* _EXERCISE MATERIAL_
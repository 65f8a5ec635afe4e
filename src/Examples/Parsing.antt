-- ===== src/Examples/Parsing.antt =====
-- Examples for the parser and the database.
use komfy_db.Base.{
  All, ℕ, ◌≡◌, refl, true, false, List, [], ◌∷◌, map, some, Bytes, codes, arith, bytes_eq,
}
use komfy_db.Base.Int.{pos, to_int}
use komfy_db.Base.Maps.{lookup, insert}
use komfy_db.Base.Status.{ok}
use komfy_db.Common.Field.{int_field, string_field, int, string}
use komfy_db.Common.Op.{greater_than, less_than, flip}
use komfy_db.Common.Tuple.{Tuple}
use komfy_db.Common.TupleDesc.{TdItem, TupleDesc, index_for_field_name, get_field_type}
use komfy_db.Database.{Database, empty_database, create_table, load_schema}
use komfy_db.Database.Tables.{IsSettled, Grows, HasTable, create_table-Grows, load_schema-Grows}
use komfy_db.Examples.{people}
use komfy_db.Examples.Pools.{no_tables}
use komfy_db.Execution.LogicalPlan.{
  LogicalPlan, ColumnRef, column_constant, empty_plan, get_column_ref, get_column_type, check_ref,
}
use komfy_db.Execution.LogicalPlan.Build.{add_scan, add_filter_col_const, add_select}
use komfy_db.Execution.LogicalPlan.Resolved.{IsResolved}
use komfy_db.Parser.Condition.{hsql_op_to_op, parse_simple_expression}
use komfy_db.Parser.Conjuncts.{
  conjuncts, parse_each, parse_where_expression-conjuncts, parse_simple_expression-flip,
}
use komfy_db.Parser.PrimaryKey.{IsNamed, KeyRule, sql_types, parse_create_statement-primary_key}
use komfy_db.Parser.Select.{
  generate_logical_plan, parse_where_expression, parse_from_clause, parse_group_by,
  parse_column_selection, parse_order_by, parse_limit, add_scans,
}
use komfy_db.Parser.Statement.{
  ColumnDefinition, CreateStatement, Interface, Query, get_tuple, parse_create_statement,
  parse_query, value_field, int_type, text_type, parse_columns,
}
use komfy_db.Parser.Statement
use komfy_db.Parser.Syntax.{
  Expr, Exprs, TableRef, SelectStatement, select_statement, column_ref, literal_int, literal_string,
  operator, op_and, op_greater, no_group_by, no_order_by, no_limit,
}
use komfy_db.Parser.Typed.{IsTyped, generate_logical_plan_sound}
use komfy_db.Parser.Values.{ShortTexts, get_tuple-Fits}
use komfy_db.Storage.Catalog.{Catalog, add_table, get_table_id, get_tuple_desc}
use komfy_db.Storage.HeapFile.{HeapFile, Stream}
use komfy_db.Storage.HeapPage.Slots.{Fits}

-- p.id > 1
abbrev above_one : Expr
above_one = operator op_greater (column_ref (codes "p") (codes "id")) (literal_int (pos 1))

-- SELECT id FROM people p WHERE p.id > 1
abbrev select_id : SelectStatement
select_id =
    select_statement (TableRef.table_name (codes "people") (codes "p")) above_one no_group_by
      (Exprs.cons (column_ref [] (codes "id")) Exprs.nil) no_order_by no_limit

abbrev no_subplan : LogicalPlan (Unit {0}) → Unit {0}
no_subplan p = tt

abbrev no_records : HeapFile
no_records = record {
  file = record { contents = []; writable = true; good = true };
  tuple_desc = people;
  file_length = 0;
  table_id = 1;
}

abbrev no_people : Catalog
no_people = add_table no_records (codes "people") (codes "id") no_tables

abbrev id_of_p : ColumnRef
id_of_p = record { table = codes "p"; column = codes "id" }

-- the plan of the statement
abbrev ids_above_one : LogicalPlan (Unit {0})
ids_above_one = record (empty_plan no_people) {
  scans = record { id = 1; alias = codes "p" } ∷ [];
  alias_to_id = (codes "p", 1) ∷ [];
  filters = column_constant id_of_p greater_than (int_field (pos 1)) ∷ [];
  selects = id_of_p ∷ [];
}

select_id_parsed : generate_logical_plan no_subplan no_people select_id ≡ ok ids_above_one
unfolding generate_logical_plan parse_from_clause parse_group_by parse_column_selection
    parse_order_by parse_limit parse_simple_expression get_column_ref get_column_type check_ref
    add_scans hsql_op_to_op add_scan add_filter_col_const add_select lookup insert bytes_eq
    get_tuple_desc add_table index_for_field_name get_field_type get_table_id to_int
select_id_parsed = refl

generate_logical_plan_sound_example : IsResolved ids_above_one × IsTyped ids_above_one
generate_logical_plan_sound_example =
    generate_logical_plan_sound no_subplan no_people select_id select_id_parsed

-- p.id > 1 AND (p.id > 1 AND p.id > 1)
abbrev thrice : Expr
thrice = operator op_and above_one (operator op_and above_one above_one)

parse_where_expression-conjuncts_example :
    parse_where_expression no_subplan no_people thrice ids_above_one
    ≡ parse_each no_subplan no_people (conjuncts thrice) ids_above_one
parse_where_expression-conjuncts_example =
    parse_where_expression-conjuncts no_subplan no_people thrice ids_above_one

parse_simple_expression-flip_example :
    parse_simple_expression
      (literal_int (pos 1))
      less_than
      (column_ref (codes "p") (codes "id"))
      (ok tt)
      ids_above_one
    ≡ parse_simple_expression
        (column_ref (codes "p") (codes "id"))
        (flip less_than)
        (literal_int (pos 1))
        (ok tt)
        ids_above_one
parse_simple_expression-flip_example =
    parse_simple_expression-flip (int_field (pos 1)) less_than (codes "p") (codes "id") (ok tt)
      ids_above_one

abbrev pub five_and_eve : Exprs
five_and_eve =
    Exprs.cons (literal_int (pos 5)) (Exprs.cons (literal_string (codes "Eve")) Exprs.nil)

abbrev eve : Tuple
eve = some (int_field (pos 5)) ∷ some (string_field (codes "Eve")) ∷ []

eve_made : get_tuple five_and_eve people ≡ ok eve
unfolding get_tuple value_field to_int
eve_made = refl

eve_short : ShortTexts 128 five_and_eve
eve_short = (tt, ((omega arith, ((λ e. cc), ((λ e. cc), ((λ e. cc), tt)))), tt))

get_tuple-Fits_example : Fits 128 people.items eve
get_tuple-Fits_example = get_tuple-Fits 128 five_and_eve people eve eve_short eve_made

abbrev pub pet_columns : List ColumnDefinition
pet_columns =
    record { name = codes "name"; data_type = text_type; primary_key = false }
    ∷ record { name = codes "age"; data_type = int_type; primary_key = true }
    ∷ []

abbrev pets : TupleDesc
pets = record {
  items =
      record { field_type = string; field_name = codes "name" }
      ∷ record { field_type = int; field_name = codes "age" }
      ∷ [];
}

abbrev pets_query : Query (Unit {0})
pets_query = Query.create_table (codes "pets") pets (codes "age")

pets_parsed :
    parse_create_statement (CreateStatement.create_table (codes "pets") pet_columns) ≡ ok pets_query
unfolding parse_create_statement
pets_parsed = refl

pet_columns-IsNamed : All IsNamed pet_columns
pet_columns-IsNamed = ((λ e. cc), ((λ e. cc), tt))

parse_create_statement-primary_key_example :
    (td : TupleDesc) × (key : Bytes) × (pets_query ≡ Query.create_table (codes "pets") td key)
    × (map (λ (i : TdItem). i.field_name) td.items
        ≡ map (λ (d : ColumnDefinition). d.name) pet_columns)
    × (sql_types td.items ≡ map (λ (d : ColumnDefinition). d.data_type) pet_columns)
    × KeyRule pet_columns key
    × (k : ℕ) × (index_for_field_name td key ≡ ok k)
parse_create_statement-primary_key_example =
    parse_create_statement-primary_key (codes "pets") pet_columns pets_query pet_columns-IsNamed
      pets_parsed

abbrev pub new_files : Bytes → Stream
new_files name = record { contents = []; writable = true; good = true }

abbrev pub start : Database
start = empty_database 50

start-IsSettled : IsSettled start
unfolding get_table_id lookup
start-IsSettled = record { counted = λ name id h. cc }

create_table-Grows_example :
    Grows start (create_table new_files (codes "pets") pets (codes "name") start).0 1
    × ((create_table new_files (codes "pets") pets (codes "name") start).1 ≡ ok tt
        → HasTable
            (create_table new_files (codes "pets") pets (codes "name") start).0
            (codes "pets")
            pets)
create_table-Grows_example =
    create_table-Grows new_files (codes "pets") pets (codes "name") start start-IsSettled
      (omega arith)

-- every query makes the table of pets
abbrev only_pets : Interface
only_pets = record {
  I = LogicalPlan (Unit {0});
  Sub = Unit {0};
  pack = no_subplan;
  generate_physical_plan = λ p. ok p;
  parse = λ query.
      some (Statement.create (CreateStatement.create_table (codes "pets") pet_columns) ∷ []);
}

abbrev schema : List Bytes
schema = codes "CREATE TABLE pets (name TEXT, age INT PRIMARY KEY);" ∷ []

load_schema-Grows_example : Grows start (load_schema new_files only_pets (some schema) start).0 1
load_schema-Grows_example =
    load_schema-Grows new_files only_pets schema start start-IsSettled (omega arith)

* _WHAT IS EXPECTED_
Each line of the listing that contains the word "SelectStatement" must be counted. Give only the resulting figure.

* _COMPLETED EXERCISE_
2